As a result, "profane" and "profanity" has therefore come to describe a
word, expression, gesture, or other social behavior which is socially
constructed or interpreted as insulting, rudeness, vulgarism, desecrating,
or showing disrespect.[1]
Other words commonly used to describe profane language or its use include:
cuss, curse, pejorative language, swearing, expletive, oath, bad word, dirty
word, strong language, irreverent language, obscenity language, choice
words, blasphemy language, foul language, and bad or adult language. In many
cultures it is less profane[citation needed] for an adult to curse than it
is for a child, who may be reprimanded for cursing.
Statistics
Tape-recorded conversations find that roughly 80–90 spoken words each
day—0.5% to 0.7% of all words—are swear words with people varying from
between 0% to 3.4%. In comparison first person plural pronouns (we, us, our)

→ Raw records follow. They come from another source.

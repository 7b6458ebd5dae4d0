-- ===== src/SampleQueue/Batches.antt =====
-- What a reservation of nano_rl/runtime/sample_queue.py hands out, and when there is one.
use mathlib.Core.Path.{subst}
use nano_rl.Prelude.{
  ℕ, ◌+◌, ◌≤◌, String, ◌≡◌, ◌≢◌, refl, sym, Bool-cases, ◌∙◌, ◌⊎◌, inl, inr, true, false, Option,
  none, some, List, [], ◌∷◌, map, arith, All, All-map, length, length-append,
}
use nano_rl.Prelude.Equality.{◌==◌, nat_eq, string_eq, contains, count, Unique}
use nano_rl.Prelude.Dict.{Dict, lookup, has, insert, lookup-insert, lookup-insert_self}
use nano_rl.Protocols.{SampleRef, TrainBatch}
use nano_rl.SampleQueue.{
  SampleQueue, Request, stop, judge, select, tally, count_or_zero, min_of, max_of, version_of,
  batch_of, reserve_selected, reserve_train_batch,
}
use nano_rl.SampleQueue.Places.{IsConsistent}
use nano_rl.SampleQueue.Loop.{KeepsRound, select_rule, Discards}
use nano_rl.SampleQueue.Reserving.{has-pop_all}
use nano_rl.SampleQueue.Selecting.{IsUsable, LoopInv, select-LoopInv}
use nano_rl.SampleQueue.Budget.{Fits, Bounded, select-Bounded}

-- The histogram counts each version.
tally-count :
    (v : ℕ) (vs : List ℕ) (h : Dict ℕ ℕ)
    → count_or_zero (lookup v (tally vs h)) ≡ count_or_zero (lookup v h) + count v vs
unfolding tally count
tally-count v [] h = omega arith
tally-count v (w ∷ ws) h = ground (
  arith,
  tally-count v ws (insert w (count_or_zero (lookup w h) + 1) h),
  lookup-insert v w (count_or_zero (lookup w h) + 1) h,
  nat_eq.test_iff w v,
)

abbrev InRange : ℕ → ℕ → SampleRef → Type 0
InRange low high r = (low ≤ r.policy_version) × (r.policy_version ≤ high)

ranged :
    (v : ℕ) (refs : List SampleRef)
    → (min_of v (map version_of refs) ≤ v)
      × (v ≤ max_of v (map version_of refs))
      × All (InRange (min_of v (map version_of refs)) (max_of v (map version_of refs))) refs
ranged v [] = (omega arith, omega arith, tt)
ranged v (r ∷ refs) =
    let (low, high, rest) = ranged r.policy_version refs in
    (
      omega arith,
      omega arith,
      ((omega arith, omega arith), All-map refs (λ x h. (omega arith, omega arith)) rest),
    )

-- What holds of a batch: its samples were pending and are not any more, each is still usable and stands
-- in it once, and the batch keeps to the request's limits.
pub record IsSound (a : Request) (before : SampleQueue) (batch : TrainBatch) (after : SampleQueue)
    : Type 0 where
  pub were_pending : All (λ r. lookup r.sample_id before.pending ≡ some r) batch.sample_refs
  pub taken : (s : String) → contains s batch.sample_ids ≡ true → has s after.pending ≡ false
  pub usable : All (IsUsable a before.max_policy_lag) batch.sample_refs
  pub unique : Unique batch.sample_ids
  pub not_empty : 1 ≤ batch.num_sequences
  pub few : batch.num_sequences ≤ a.max_sequences
  pub fits : Fits a.max_tokens batch.sample_refs
  pub in_range : All (InRange batch.policy_version_min batch.policy_version_max) batch.sample_refs
  pub tallied :
      (v : ℕ)
      → count_or_zero (lookup v batch.policy_version_histogram)
        ≡ count v (map version_of batch.sample_refs)
  pub reserved : lookup batch.train_batch_id after.reserved ≡ some batch

-- What `reserve_train_batch` leaves behind, by what it returns.
abbrev pub Outcome : Request → SampleQueue → Option TrainBatch × SampleQueue → Type 0
Outcome a before (none, after) =
    (after.reserved ≡ before.reserved)
    × ((s : String)
        → has s after.dropped ≡ false
        → lookup s after.pending ≡ lookup s before.pending)
Outcome a before (some batch, after) = IsSound a before batch after

selected-Outcome :
    (a : Request) (hex : String) (selected : List SampleRef) (before q : SampleQueue) (tokens : ℕ)
    → LoopInv a before [] q selected
    → Bounded a selected tokens
    → Outcome a before (reserve_selected a hex selected q)
unfolding reserve_selected batch_of lookup
selected-Outcome a hex [] before q tokens v b = (v.same_reserved, v.kept)
selected-Outcome a hex (ref ∷ refs) before q tokens v b =
    let (low, high, rest) = ranged ref.policy_version refs in
    record {
      were_pending = All-map (ref ∷ refs) (λ r h. v.origin r.sample_id r h) v.selected_pending;
      taken = λ s c. rw (has-pop_all s (ref ∷ refs) q.pending, c) refl;
      usable = v.usable;
      unique = v.selected_unique;
      not_empty = omega arith;
      few = b.few;
      fits = b.fits;
      in_range = ((low, high), rest);
      tallied = λ w. tally-count w (map version_of (ref ∷ refs)) [] ∙ omega arith;
      reserved = lookup-insert_self _ _ q.reserved;
    }

-- A reservation of a consistent queue hands out a sound batch; or it hands out nothing, and then every
-- sample that it has not dropped is pending as before.
pub reserve_sound :
    (a : Request) (hex : String) (q : SampleQueue)
    → IsConsistent q
    → Outcome a q (reserve_train_batch a hex q)
unfolding reserve_train_batch
reserve_sound a hex q v =
    let (tokens, b) = select-Bounded a q in
    selected-Outcome a hex (select a q.pending q [] 0).1 q (select a q.pending q [] 0).0 tokens
      (select-LoopInv a q v) b

-- Some entry may still be used.
abbrev AnyUsable : Request → ℕ → Dict String SampleRef → Type 0
AnyUsable a max_lag [] = ⊥
AnyUsable a max_lag ((k, ref) ∷ rest) = IsUsable a max_lag ref ⊎ AnyUsable a max_lag rest

record Hopeful (a : Request) (max_lag : ℕ) (rest : Dict String SampleRef) (q : SampleQueue)
    (selected : List SampleRef) : Type 0 where
  lag_same : q.max_policy_lag ≡ max_lag
  hope : (1 ≤ length selected) ⊎ AnyUsable a max_lag rest

discard_useless :
    (a : Request) (q : SampleQueue) (selected : List SampleRef) (tokens : ℕ) (ref : SampleRef)
    → Discards (judge a q selected tokens ref)
    → ¬ IsUsable a q.max_policy_lag ref
unfolding judge
discard_useless a q selected tokens ref (inl e) u = ground (arith, u.in_time, u.recent)
discard_useless a q selected tokens ref (inr e) u = ground (arith, u.in_time, u.recent)

stop_selected :
    (a : Request) (q : SampleQueue) (selected : List SampleRef) (tokens : ℕ) (ref : SampleRef)
    → 1 ≤ a.max_sequences
    → judge a q selected tokens ref ≡ stop
    → 1 ≤ length selected
unfolding judge
stop_selected a q [] tokens ref h e = absurd (ground arith)
stop_selected a q (x ∷ xs) tokens ref h e = omega arith

rounds-Hopeful :
    (a : Request) (max_lag : ℕ)
    → 1 ≤ a.max_sequences
    → KeepsRound a (λ rest q selected tokens. Hopeful a max_lag rest q selected)
rounds-Hopeful a max_lag h = record {
  on_discard = λ reason k ref rest q selected tokens d v. record {
    lag_same = v.lag_same;
    hope = elim (v.hope) [
      | inl found ↦ inl found
      | inr (inl good) ↦ absurd (
          discard_useless a q selected tokens ref d
            (subst (λ n. IsUsable a n ref) (sym v.lag_same) good))
      | inr (inr rest_good) ↦ inr rest_good
    ];
  };
  on_stop = λ k ref rest q selected tokens d v. record {
    lag_same = v.lag_same;
    hope = inl (stop_selected a q selected tokens ref h d);
  };
  on_take = λ k ref rest q selected tokens e v. record {
    lag_same = v.lag_same;
    hope = inl (omega (arith, length-append selected (ref ∷ [])));
  };
}

usable_entry :
    (a : Request) (max_lag : ℕ) (k : String) (ref : SampleRef) (d : Dict String SampleRef)
    → lookup k d ≡ some ref
    → IsUsable a max_lag ref
    → AnyUsable a max_lag d
unfolding lookup
usable_entry a max_lag k ref [] h u = cc
usable_entry a max_lag k ref ((j, other) ∷ d) h u = elim (Bool-cases (j == k)) [
  | inl same ↦ inl (subst (IsUsable a max_lag) (ground arith) u)
  | inr differs ↦ inr (usable_entry a max_lag k ref d (ground arith) u)
]

some_batch :
    (a : Request) (hex : String) (selected : List SampleRef) (q : SampleQueue)
    → 1 ≤ length selected
    → (reserve_selected a hex selected q).0 ≢ none
unfolding reserve_selected
some_batch a hex [] q h e = absurd (omega arith)
some_batch a hex (ref ∷ refs) q h e = cc

-- While some pending sample is neither expired nor too old, a request for at least one sequence gets a
-- batch.
pub reserve_serves :
    (a : Request) (hex : String) (q : SampleQueue) (k : String) (ref : SampleRef)
    → 1 ≤ a.max_sequences
    → lookup k q.pending ≡ some ref
    → IsUsable a q.max_policy_lag ref
    → (reserve_train_batch a hex q).0 ≢ none
unfolding reserve_train_batch
reserve_serves a hex q k ref h found good =
    some_batch a hex (select a q.pending q [] 0).1 (select a q.pending q [] 0).0 (
      at_end
        (select_rule a _ (rounds-Hopeful a q.max_policy_lag h) q.pending q [] 0 (record {
          lag_same = refl;
          hope = inr (usable_entry a q.max_policy_lag k ref q.pending found good);
        })).1)
  where
    at_end :
        {r : SampleQueue} {selected : List SampleRef}
        → Hopeful a q.max_policy_lag [] r selected
        → 1 ≤ length selected
    at_end v = elim (v.hope) [ inl found ↦ found | inr none_left ↦ absurd none_left ]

make up 1% of spoken words.[2]
Research looking at swearing in 1986, 1997, and 2006 in America found the
same top ten words were used of a set of over 70 different taboo words. The
most used taboo words were fuck, shit, hell, damn, goddamn, Jesus Christ,
ass, oh my God, bitch, and sucks—these ten made up roughly 80% of all
profanities. Two words, fuck and shit, accounted for one third to one half
of them
Types of profanity
Steven Pinker's book The Stuff of Thought breaks profanity down into five
categories:
* Dysphemistic profanity – Exact opposite of euphemism. Forces listener to
think about negative or provocative matter. Using the wrong euphemism has a
dysphemistic effect.
* Abusive profanity – for abuse or intimidation or insulting of others
* Idiomatic profanity – swearing without really referring to the matter.
Just using the words to arouse interest, to show off, and express to peers
that the setting is informal.
* Emphatic swearing – to emphasize something with swearing.
* Cathartic profanity – when something bad happens like coffee spilling,
people curse. One evolutionary theory asserts it is meant to tell the
audience that you're undergoing a negative emotion[citation needed].
According to Pinker, the content of profane language can also be broken into
five categories of negative emotion:
* The Supernatural – Evokes emotions of awe & fear.
* Bodily effluvia & organs – Evokes disgust, since effluvia are major
disease vectors.
* Disease, Death, & Infirmity – Evokes dread, fear of death or disability.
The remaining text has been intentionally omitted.